Giuridicamente sono differenti. Lo schiavo è un bene del suo padrone mentre il lavoratore forzato resta libero in diritto. Questo significa, nei fatti, che i lavoratori coatti sono presi e mantenuti al lavoro sotto costrizione. Non riscuotono nessuno stipendio e devono essere nutriti dalle popolazioni dei villaggi che attraversano. Esistono certo delle forme di compenso: si dà al lavoratore del sale o del tessuto, per esempio. Ma queste retribuzioni restano talmente al di sotto del valore del lavoro fornito che non si può chiamare ciò uno stipendio. E certamente, i lavoratori forzati, come gli schiavi, sono inquadrati dalle forze dell’ordine, da milizie africane reclutate sul territorio stesso, e comandati dagli europei. Si comprende che, per gli africani, schiavitù o lavoro forzato non abbia fatto differenza. In Africa centrale - sia sotto dominio francese, belga e tedesco - dove la schiavitù interna era stata molto marginale e dove esistevano numerose società minerarie, le persone hanno vissuto il collocamento al lavoro coatto come l’inizio di una schiavitù. E, dal lato delle élite africane, per gli insegnanti, gli allevatori, i piantatori, quelli cioè che sapevano cosa era stata la schiavitù, sembrava chiaro che il lavoro coatto era uno stretto parente di questa. Del resto molti fra essi lo combatterono.
 
Ma ci sono delle élite che collaborano?
 
Sì. Le autorità in carica hanno potuto trovare un interesse nella colonizzazione, non solo perché sono state mantenute ai loro posti, ma anche perché sono state rafforzate dalla colonizzazione.

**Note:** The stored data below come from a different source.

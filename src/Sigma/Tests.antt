-- ===== src/Sigma/Tests.antt =====
-- internal/sigma/sigma.go at concrete inputs: the rule of its test, and one with a nested selection.
use mathlib.Core.List.{Permᴰ}
use mathlib.Core.List.Permᴰ
use aegis_edr.Prelude.{◌≡◌, refl, String, List, [], ◌∷◌, map}
use aegis_edr.Dict.{get}
use aegis_edr.Sigma.{
  Rule, Engine, EventMap, Value, scalar, text, no_text, sequence, evaluate, rule_matches,
  category_matches, detection_matches, field_matches, text_field, is_expected,
}
use aegis_edr.Sigma.Match.{reordered, evaluate_order}

abbrev pub entries : List (String × Value)
entries =
    ("parent_path", scalar (text "/usr/sbin/nginx"))
    ∷ ("image", sequence (text "/bin/bash" ∷ text "/bin/sh" ∷ []))
    ∷ []

abbrev pub spawning : Rule
spawning = record {
  title = "Spawning";
  description = "";
  logsource = record { category = "process"; product = "" };
  detection = record { entries = entries };
}

abbrev nested : Rule
nested = record spawning {
  title = "Nested";
  detection = record {
    entries = ("condition", scalar (text "selection")) ∷ ("selection", scalar no_text) ∷ [];
  };
}

abbrev engine : Engine
engine = record { rules = spawning ∷ [] }

abbrev event_map : EventMap
event_map = record {
  entries =
      ("category", scalar (text "process"))
      ∷ ("parent_path", scalar (text "/usr/sbin/nginx"))
      ∷ ("image", scalar (text "/bin/sh"))
      ∷ [];
}

test_evaluate : evaluate engine event_map ≡ "Spawning" ∷ []
unfolding evaluate rule_matches category_matches detection_matches field_matches text_field
    is_expected get
test_evaluate = refl

-- The two entries of a detection the other way round.
swapped : List (String × Value) → List (String × Value)
swapped (a ∷ b ∷ more) = b ∷ a ∷ more
swapped detection = detection

swapped-Permᴰ : (detection : List (String × Value)) → Permᴰ detection (swapped detection)
unfolding swapped
swapped-Permᴰ [] = Permᴰ.refl []
swapped-Permᴰ (a ∷ []) = Permᴰ.refl (a ∷ [])
swapped-Permᴰ (a ∷ b ∷ more) = Permᴰ.swap refl refl

evaluate_order_example :
    evaluate
      (record {
        rules = map (reordered event_map (λ rule. swapped rule.detection.entries)) (spawning ∷ []);
      })
      event_map
    ≡ evaluate engine event_map
evaluate_order_example =
    evaluate_order event_map engine (λ rule. swapped rule.detection.entries)
      (λ rule. swapped-Permᴰ rule.detection.entries)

Il potere degli Stati di recente formazione, vecchi di un secolo solamente come gli Stati musulmani del nord della Nigeria, è stato spesso rafforzato. Quanto agli Stati più antichi, come l’immenso impero Lunda in Africa centrale, minacciati dalle nuove élite politiche apparse nel XIX secolo, la colonizzazione ha offerto loro un’ancora di salvezza. I colonizzatori erano pronti a chiudere gli occhi sulle malefatte di questi capi nella misura in cui questi ultimi gli garantivano un’offerta permanente di manodopera sottomessa e ubbidiente. È il caso di tutta l’Africa guineana, in Costa d’Avorio, nella Costa d’Oro, attuale Ghana, a Togo, a Dahomey (Bénin), in Nigeria, indipendentemente dalla nazionalità dei colonizzatori. In «Voyage au Congo» (1927) André Gide si indigna per le condizioni di costruzione della ferrovia Congo-Oceano. “La ferrovia Brazzaville-Oceano è un spaventoso consumatore di vite umane. [...] I primi contingenti hanno sofferto molto; tanto durante il tragitto […] (certi annegano nel fiume e numerosi sono quelli che muoiono di polmonite) quanto nei cantieri stessi. La mortalità ha superato le più pessimistiche previsioni. A quante nuove morti la colonia dovrà la sua futura prosperità?”
 
Si può misurare il costo in vite umane collegato all’uso del lavoro forzato?
 
È difficile. Per le colonie di cui si sa di più, il Congo francese ed il Congo belga, sembra che, nei villaggi più vicini alle vie di comunicazione (vie d’acqua e più tardi le strade) le perdite potevano rappresentare la maggior parte degli uomini validi. Del resto molti di questi villaggi vengono abbandonati dai loro abitanti; chi preferisce allontanarsi e, talvolta, passare dall’altro lato della frontiera per scoprire lo stesso orrore, come raccontava l’abate Barthelemy Boganda la cui famiglia, originaria di Oubangui-Chari (Rep. Centrafricana), ha sperimentato le colonizzazioni tedesche (Camerun) e belga (Congo-Kinshasa).
 
Di che cosa muoiono tutti questi uomini?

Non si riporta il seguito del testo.